**Instructions to follow**
Return exactly the span of lines in the following data that opens with the line containing "pub record Queue (A : Type 0) : Type 0 where" and closes with the line containing "read at once.". Include nothing else.

Record set Block Start

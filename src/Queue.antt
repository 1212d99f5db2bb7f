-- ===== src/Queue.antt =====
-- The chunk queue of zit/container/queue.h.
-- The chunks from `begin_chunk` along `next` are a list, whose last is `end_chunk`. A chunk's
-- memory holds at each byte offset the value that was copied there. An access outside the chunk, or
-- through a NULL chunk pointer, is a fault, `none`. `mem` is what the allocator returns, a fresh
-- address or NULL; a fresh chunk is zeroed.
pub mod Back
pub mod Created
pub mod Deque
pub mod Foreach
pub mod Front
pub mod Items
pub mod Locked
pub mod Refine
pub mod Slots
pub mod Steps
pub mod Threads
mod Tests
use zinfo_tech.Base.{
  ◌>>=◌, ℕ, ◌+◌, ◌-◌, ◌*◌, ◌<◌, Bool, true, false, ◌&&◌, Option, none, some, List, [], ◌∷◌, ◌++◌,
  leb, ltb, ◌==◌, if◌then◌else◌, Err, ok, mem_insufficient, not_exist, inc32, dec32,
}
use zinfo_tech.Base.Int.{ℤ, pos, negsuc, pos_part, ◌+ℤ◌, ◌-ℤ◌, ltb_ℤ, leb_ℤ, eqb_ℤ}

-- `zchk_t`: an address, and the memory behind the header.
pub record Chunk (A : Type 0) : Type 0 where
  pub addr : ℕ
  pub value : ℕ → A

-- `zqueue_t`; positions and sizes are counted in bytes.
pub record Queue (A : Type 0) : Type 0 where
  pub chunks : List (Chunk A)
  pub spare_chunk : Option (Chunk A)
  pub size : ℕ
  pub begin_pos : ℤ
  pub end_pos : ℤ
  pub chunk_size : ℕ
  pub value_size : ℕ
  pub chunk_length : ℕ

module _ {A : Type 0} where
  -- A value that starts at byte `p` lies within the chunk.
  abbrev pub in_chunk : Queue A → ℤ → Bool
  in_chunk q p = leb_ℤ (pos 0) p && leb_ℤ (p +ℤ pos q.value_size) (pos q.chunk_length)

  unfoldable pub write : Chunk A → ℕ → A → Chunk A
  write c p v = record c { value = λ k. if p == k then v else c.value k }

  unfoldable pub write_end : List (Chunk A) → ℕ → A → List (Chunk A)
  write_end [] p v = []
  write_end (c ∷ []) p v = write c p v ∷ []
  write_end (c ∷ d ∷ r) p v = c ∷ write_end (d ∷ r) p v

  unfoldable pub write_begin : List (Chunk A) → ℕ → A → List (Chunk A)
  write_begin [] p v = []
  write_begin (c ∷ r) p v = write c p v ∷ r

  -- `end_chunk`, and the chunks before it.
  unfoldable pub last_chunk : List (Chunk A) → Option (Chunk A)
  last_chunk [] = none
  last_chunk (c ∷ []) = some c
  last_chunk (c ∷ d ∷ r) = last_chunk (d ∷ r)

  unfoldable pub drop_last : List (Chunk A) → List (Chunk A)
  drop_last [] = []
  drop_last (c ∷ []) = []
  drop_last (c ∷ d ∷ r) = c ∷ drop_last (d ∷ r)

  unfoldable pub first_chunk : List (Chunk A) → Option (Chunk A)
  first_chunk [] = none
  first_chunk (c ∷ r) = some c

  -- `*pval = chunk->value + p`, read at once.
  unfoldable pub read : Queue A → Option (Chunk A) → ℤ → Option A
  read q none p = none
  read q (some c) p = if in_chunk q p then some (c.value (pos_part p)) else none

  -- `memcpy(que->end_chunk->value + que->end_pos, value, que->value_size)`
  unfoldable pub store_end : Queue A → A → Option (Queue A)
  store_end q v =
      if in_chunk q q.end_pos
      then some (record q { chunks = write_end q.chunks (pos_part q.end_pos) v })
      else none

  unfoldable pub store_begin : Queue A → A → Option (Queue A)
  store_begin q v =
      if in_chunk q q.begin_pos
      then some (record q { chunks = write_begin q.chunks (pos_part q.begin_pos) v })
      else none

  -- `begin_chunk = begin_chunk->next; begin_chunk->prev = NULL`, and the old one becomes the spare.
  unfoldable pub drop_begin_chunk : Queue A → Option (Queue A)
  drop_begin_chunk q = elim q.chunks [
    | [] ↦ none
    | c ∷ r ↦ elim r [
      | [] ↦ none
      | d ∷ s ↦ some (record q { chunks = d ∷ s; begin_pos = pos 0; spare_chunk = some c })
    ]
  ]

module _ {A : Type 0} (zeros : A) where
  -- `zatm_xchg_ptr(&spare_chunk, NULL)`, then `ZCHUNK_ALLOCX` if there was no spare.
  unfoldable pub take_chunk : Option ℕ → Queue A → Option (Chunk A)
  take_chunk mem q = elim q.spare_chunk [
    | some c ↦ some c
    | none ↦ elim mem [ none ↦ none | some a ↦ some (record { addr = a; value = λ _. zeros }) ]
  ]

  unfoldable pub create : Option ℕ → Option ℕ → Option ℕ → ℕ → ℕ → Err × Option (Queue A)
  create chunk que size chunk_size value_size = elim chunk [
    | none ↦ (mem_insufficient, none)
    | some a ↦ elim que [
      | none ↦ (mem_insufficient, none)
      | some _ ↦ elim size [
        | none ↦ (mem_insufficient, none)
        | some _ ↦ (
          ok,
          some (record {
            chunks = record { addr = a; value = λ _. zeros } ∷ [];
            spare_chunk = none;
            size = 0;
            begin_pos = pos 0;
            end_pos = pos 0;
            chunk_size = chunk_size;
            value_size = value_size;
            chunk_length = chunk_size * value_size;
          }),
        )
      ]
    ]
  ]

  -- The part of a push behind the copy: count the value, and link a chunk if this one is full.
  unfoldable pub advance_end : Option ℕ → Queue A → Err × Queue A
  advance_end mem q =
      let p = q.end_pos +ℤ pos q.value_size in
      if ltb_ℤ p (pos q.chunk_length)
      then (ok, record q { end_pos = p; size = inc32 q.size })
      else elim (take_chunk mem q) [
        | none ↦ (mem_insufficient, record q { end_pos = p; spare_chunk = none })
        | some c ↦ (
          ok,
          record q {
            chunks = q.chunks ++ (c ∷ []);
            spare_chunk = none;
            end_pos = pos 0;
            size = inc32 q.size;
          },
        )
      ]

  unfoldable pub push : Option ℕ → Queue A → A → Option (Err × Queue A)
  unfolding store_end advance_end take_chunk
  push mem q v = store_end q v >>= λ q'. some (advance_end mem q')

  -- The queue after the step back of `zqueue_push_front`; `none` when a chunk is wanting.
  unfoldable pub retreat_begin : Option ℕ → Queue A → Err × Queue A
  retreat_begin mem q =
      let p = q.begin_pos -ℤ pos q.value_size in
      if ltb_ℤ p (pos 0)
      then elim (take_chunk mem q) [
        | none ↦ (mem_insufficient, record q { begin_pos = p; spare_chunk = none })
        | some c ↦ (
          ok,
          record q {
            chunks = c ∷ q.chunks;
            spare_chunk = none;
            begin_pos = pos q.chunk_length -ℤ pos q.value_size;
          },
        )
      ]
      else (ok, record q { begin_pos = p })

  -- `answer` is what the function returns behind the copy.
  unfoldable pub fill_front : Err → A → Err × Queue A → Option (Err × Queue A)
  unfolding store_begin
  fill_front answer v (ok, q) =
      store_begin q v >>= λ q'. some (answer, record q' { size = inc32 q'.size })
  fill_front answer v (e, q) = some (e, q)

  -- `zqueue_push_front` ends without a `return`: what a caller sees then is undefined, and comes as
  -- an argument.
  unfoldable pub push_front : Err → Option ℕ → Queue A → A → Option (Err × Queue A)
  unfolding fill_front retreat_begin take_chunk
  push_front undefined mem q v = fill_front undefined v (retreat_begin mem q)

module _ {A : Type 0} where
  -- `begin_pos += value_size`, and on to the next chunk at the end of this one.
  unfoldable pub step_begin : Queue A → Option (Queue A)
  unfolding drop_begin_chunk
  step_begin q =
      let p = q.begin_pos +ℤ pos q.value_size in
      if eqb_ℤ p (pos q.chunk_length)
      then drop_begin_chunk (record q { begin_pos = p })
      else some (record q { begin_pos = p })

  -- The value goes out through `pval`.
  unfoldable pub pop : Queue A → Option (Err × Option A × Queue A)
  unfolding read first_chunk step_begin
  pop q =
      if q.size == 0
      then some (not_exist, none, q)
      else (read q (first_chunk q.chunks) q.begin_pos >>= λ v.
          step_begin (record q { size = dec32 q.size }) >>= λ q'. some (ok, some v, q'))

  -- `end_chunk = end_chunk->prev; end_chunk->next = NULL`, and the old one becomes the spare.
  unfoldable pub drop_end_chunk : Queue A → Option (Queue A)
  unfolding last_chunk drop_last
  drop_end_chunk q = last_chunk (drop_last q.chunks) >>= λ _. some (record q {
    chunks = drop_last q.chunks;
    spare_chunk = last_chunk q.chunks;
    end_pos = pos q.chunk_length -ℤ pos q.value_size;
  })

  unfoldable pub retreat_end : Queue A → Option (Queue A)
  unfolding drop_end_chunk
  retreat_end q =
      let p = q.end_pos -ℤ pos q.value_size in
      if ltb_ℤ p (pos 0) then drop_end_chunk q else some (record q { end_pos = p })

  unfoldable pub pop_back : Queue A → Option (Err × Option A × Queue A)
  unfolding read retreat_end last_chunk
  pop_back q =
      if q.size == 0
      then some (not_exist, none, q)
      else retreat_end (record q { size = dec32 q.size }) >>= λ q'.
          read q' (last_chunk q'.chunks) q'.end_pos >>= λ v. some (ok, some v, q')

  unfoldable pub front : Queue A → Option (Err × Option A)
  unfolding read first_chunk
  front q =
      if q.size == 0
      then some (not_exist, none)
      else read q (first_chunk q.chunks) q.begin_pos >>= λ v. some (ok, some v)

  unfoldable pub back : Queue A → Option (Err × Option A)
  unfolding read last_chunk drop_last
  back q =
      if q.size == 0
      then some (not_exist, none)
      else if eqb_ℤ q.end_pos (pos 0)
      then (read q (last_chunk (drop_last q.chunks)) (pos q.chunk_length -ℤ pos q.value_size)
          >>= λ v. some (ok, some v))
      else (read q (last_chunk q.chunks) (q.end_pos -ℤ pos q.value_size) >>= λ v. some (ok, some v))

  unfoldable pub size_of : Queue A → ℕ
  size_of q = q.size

Record set Block End

**Answer for this exercise**
pub record Queue (A : Type 0) : Type 0 where
  pub chunks : List (Chunk A)
  pub spare_chunk : Option (Chunk A)
  pub size : ℕ
  pub begin_pos : ℤ
  pub end_pos : ℤ
  pub chunk_size : ℕ
  pub value_size : ℕ
  pub chunk_length : ℕ

module _ {A : Type 0} where
  -- A value that starts at byte `p` lies within the chunk.
  abbrev pub in_chunk : Queue A → ℤ → Bool
  in_chunk q p = leb_ℤ (pos 0) p && leb_ℤ (p +ℤ pos q.value_size) (pos q.chunk_length)

  unfoldable pub write : Chunk A → ℕ → A → Chunk A
  write c p v = record c { value = λ k. if p == k then v else c.value k }

  unfoldable pub write_end : List (Chunk A) → ℕ → A → List (Chunk A)
  write_end [] p v = []
  write_end (c ∷ []) p v = write c p v ∷ []
  write_end (c ∷ d ∷ r) p v = c ∷ write_end (d ∷ r) p v

  unfoldable pub write_begin : List (Chunk A) → ℕ → A → List (Chunk A)
  write_begin [] p v = []
  write_begin (c ∷ r) p v = write c p v ∷ r

  -- `end_chunk`, and the chunks before it.
  unfoldable pub last_chunk : List (Chunk A) → Option (Chunk A)
  last_chunk [] = none
  last_chunk (c ∷ []) = some c
  last_chunk (c ∷ d ∷ r) = last_chunk (d ∷ r)

  unfoldable pub drop_last : List (Chunk A) → List (Chunk A)
  drop_last [] = []
  drop_last (c ∷ []) = []
  drop_last (c ∷ d ∷ r) = c ∷ drop_last (d ∷ r)

  unfoldable pub first_chunk : List (Chunk A) → Option (Chunk A)
  first_chunk [] = none
  first_chunk (c ∷ r) = some c

  -- `*pval = chunk->value + p`, read at once.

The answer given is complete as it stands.